Containment effort reduction and regrowth patterns of the Covid-19 spreading
D. Lanteri, D. Carc\`o, P. Castorina, M. Ceccarelli, B. Cacopardo

TL;DR
This paper presents a macroscopic modeling approach to analyze Covid-19 regrowth patterns after containment efforts are eased, using simple growth models with time-dependent capacity to predict future spread scenarios.
Contribution
It introduces a novel application of time-dependent carrying capacity models to predict Covid-19 regrowth after initial containment, demonstrated on multiple countries.
Findings
Different regrowth scenarios identified for each country.
The model can predict the timing and magnitude of infection resurgence.
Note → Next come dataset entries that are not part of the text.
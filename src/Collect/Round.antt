-- ===== src/Collect/Round.antt =====
-- A round of reports in DistributedDBNode.cpp, and the aborts that follow it.
use hawk_txn.Common.{
  All, ℕ, ◌+◌, ◌<◌, ◌≡◌, refl, Bool, true, false, ◌||◌, Option, some, none, List, [], ◌∷◌, ◌++◌,
  ◌==◌, if◌then◌else◌, ◌>>=◌, leb, elem, length, arith, Bool-cases, Option-cases, inl, inr, ap, sym,
  ◌∙◌,
}
use hawk_txn.Common.Int.{ℤ}
use hawk_txn.Map.{IsUnique, find?-erase}
use hawk_txn.Types.{TransactionId}
use hawk_txn.Message.{NetworkMessage}
use hawk_txn.Transaction.{TransactionManager, get_transaction, abort_transaction, finish}
use hawk_txn.Detector.{Wfg}
use hawk_txn.LockTable.Edges.{has_edge}
use hawk_txn.Resolve.{merge_wfg, convert_wfg_to_message_format, check_and_resolve_deadlocks}
use hawk_txn.Resolve.Merge.{merge_report_lem}
use hawk_txn.Collect.{Collector, count_report, search_due, handle_wfg_report, abort_all}

-- The reports of some nodes, one after the other, with the messages that they lead to.
unfoldable pub handle_all :
    ℕ → ℕ → TransactionManager → Collector → List Wfg → Option (Collector × List NetworkMessage)
unfolding handle_wfg_report search_due
handle_all w fuel tm c [] = some (c, [])
handle_all w fuel tm c (g ∷ gs) = do
  (c', ms) ← handle_wfg_report w fuel true tm c g
  (c'', ms') ← handle_all w fuel tm c' gs
  some (c'', ms ++ ms')

-- One of the reports has the edge.
abbrev pub reported : TransactionId → TransactionId → List Wfg → Bool
reported u v [] = false
reported u v (g ∷ gs) = has_edge g u v || reported u v gs

count_due :
    (c : Collector) (pairs : List (TransactionId × List TransactionId))
    → leb c.wfg_reports_expected (c.wfg_reports_received + 1) ≡ true
    → count_report c pairs ≡ (
      record c { aggregated_wfg = []; wfg_reports_received = 0 },
      some (merge_wfg c.aggregated_wfg pairs),
    )
unfolding count_report
count_due c pairs due = rw (due, count_report) refl

count_early :
    (c : Collector) (pairs : List (TransactionId × List TransactionId))
    → leb c.wfg_reports_expected (c.wfg_reports_received + 1) ≡ false
    → count_report c pairs ≡ (
      record c {
        aggregated_wfg = merge_wfg c.aggregated_wfg pairs;
        wfg_reports_received = c.wfg_reports_received + 1;
      },
      none,
    )
unfolding count_report
count_early c pairs early = rw (early, count_report) refl

handle_due :
    (w fuel : ℕ) (tm : TransactionManager) (c : Collector) (g : Wfg)
    → leb c.wfg_reports_expected (c.wfg_reports_received + 1) ≡ true
    → handle_wfg_report w fuel true tm c g ≡ (
        check_and_resolve_deadlocks w fuel true tm
          (merge_wfg c.aggregated_wfg (convert_wfg_to_message_format g))
        >>= (λ ms. some (record c { aggregated_wfg = []; wfg_reports_received = 0 }, ms)))
unfolding handle_wfg_report search_due
handle_due w fuel tm c g due =
    ap (search_due w fuel tm) (count_due c (convert_wfg_to_message_format g) due)

handle_early :
    (w fuel : ℕ) (tm : TransactionManager) (c : Collector) (g : Wfg)
    → leb c.wfg_reports_expected (c.wfg_reports_received + 1) ≡ false
    → handle_wfg_report w fuel true tm c g
      ≡ some (
        record c {
          aggregated_wfg = merge_wfg c.aggregated_wfg (convert_wfg_to_message_format g);
          wfg_reports_received = c.wfg_reports_received + 1;
        },
        [],
      )
unfolding handle_wfg_report search_due
handle_early w fuel tm c g early =
    ap (search_due w fuel tm) (count_early c (convert_wfg_to_message_format g) early)

-- On the central node, let each transaction stand once in each report, and let as many reports as are
-- expected come in after one another. Nothing is sent before the last of them; then the graph with
-- all edges reported in the round, and no others than those there were before, is searched and its
-- deadlocks are resolved, and the node is ready for the next round.
pub round_lem :
    (w fuel : ℕ) (tm : TransactionManager) (c : Collector) (gs : List Wfg)
    → All IsUnique gs
    → 0 < length gs
    → c.wfg_reports_received + length gs ≡ c.wfg_reports_expected
    → (merged : Wfg) × (handle_all w fuel tm c gs ≡ (
        check_and_resolve_deadlocks w fuel true tm merged
        >>= (λ ms. some (record c { aggregated_wfg = []; wfg_reports_received = 0 }, ms ++ []))))
      × ((u v : TransactionId)
          → has_edge merged u v ≡ has_edge c.aggregated_wfg u v || reported u v gs)
unfolding handle_all
round_lem w fuel tm c [] q some_reports full = absurd (omega (arith, some_reports))
round_lem w fuel tm c (g ∷ []) q some_reports full =
    let merged = merge_wfg c.aggregated_wfg (convert_wfg_to_message_format g) in
    let due : leb c.wfg_reports_expected (c.wfg_reports_received + 1) ≡ true =
      ground (arith, full) in
    (
      merged,
      rw (handle_due w fuel tm c g due, handle_all)
          (elim (Option-cases (check_and_resolve_deadlocks w fuel true tm merged)) [
            | inl e ↦ rw e refl
            | inr (ms, e) ↦ rw e refl
          ]),
      λ u v. merge_report_lem c.aggregated_wfg g u v q.0 ∙ ground arith,
    )
round_lem w fuel tm c (g ∷ h ∷ gs) q some_reports full =
    let early : leb c.wfg_reports_expected (c.wfg_reports_received + 1) ≡ false =
      ground (arith, full) in
    let merged = merge_wfg c.aggregated_wfg (convert_wfg_to_message_format g) in
    let (whole, ran, edges) =
      round_lem w fuel tm
        (record c { aggregated_wfg = merged; wfg_reports_received = c.wfg_reports_received + 1 })
        (h ∷ gs) q.1 (omega arith) (omega (arith, full)) in
    (
      whole,
      rw (handle_early w fuel tm c g early, handle_all)
          (rw ran (elim (Option-cases (check_and_resolve_deadlocks w fuel true tm whole)) [
            | inl e ↦ rw e refl
            | inr (ms, e) ↦ rw e refl
          ])),
      λ u v. edges u v ∙ rw (merge_report_lem c.aggregated_wfg g u v q.0) (ground arith),
    )

after_abort :
    (d : ℤ) (t : TransactionId) (tm : TransactionManager) (u : TransactionId)
    → get_transaction (abort_transaction d t tm).manager u
      ≡ (if t == u then none else get_transaction tm u)
unfolding abort_transaction finish
after_abort d t tm u = elim (Option-cases (get_transaction tm t)) [
  | inr (trans, there) ↦ rw (there, finish) (find?-erase t u tm.active_transactions)
  | inl gone ↦ elim (Bool-cases (t == u)) [
    | inr other ↦ rw (gone, finish) (rw other refl)
    | inl same ↦
        let e : t ≡ u = ground arith in
        rw (gone, finish) (rw same (ap (get_transaction tm) (sym e) ∙ gone))
  ]
]

-- After a message about aborts no transaction that it names is active, and all others are as they were.
abort_all_lem :
    (d : ℤ) (ts : List TransactionId) (tm : TransactionManager) (u : TransactionId)
    → get_transaction (abort_all d ts tm) u ≡ (if elem u ts then none else get_transaction tm u)
unfolding abort_all
abort_all_lem d [] tm u = refl
abort_all_lem d (t ∷ ts) tm u =
    abort_all_lem d ts (abort_transaction d t tm).manager u ∙ ground (arith, after_abort d t tm u)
Simple growth models effectively capture complex epidemic dynamics.
Abstract
In all Countries the political decisions aim to achieve an almost stable configuration with a small number of new infected individuals per day due to Covid-19. When such a condition is reached, the containment effort is usually reduced in favor of a gradual reopening of the social life and of the various economical sectors. However, in this new phase, the infection spread restarts and a quantitative analysis of the regrowth is very useful. We discuss a macroscopic approach which, on the basis of the collected data in the first lockdown, after few days from the beginning of the new phase, outlines different scenarios of the Covid-19 diffusion for longer time. The purpose of this paper is a demonstration-of-concept: one takes simple growth models, considers the available data and shows how the future trend of the spread can be obtained. The method applies a time dependent carrying…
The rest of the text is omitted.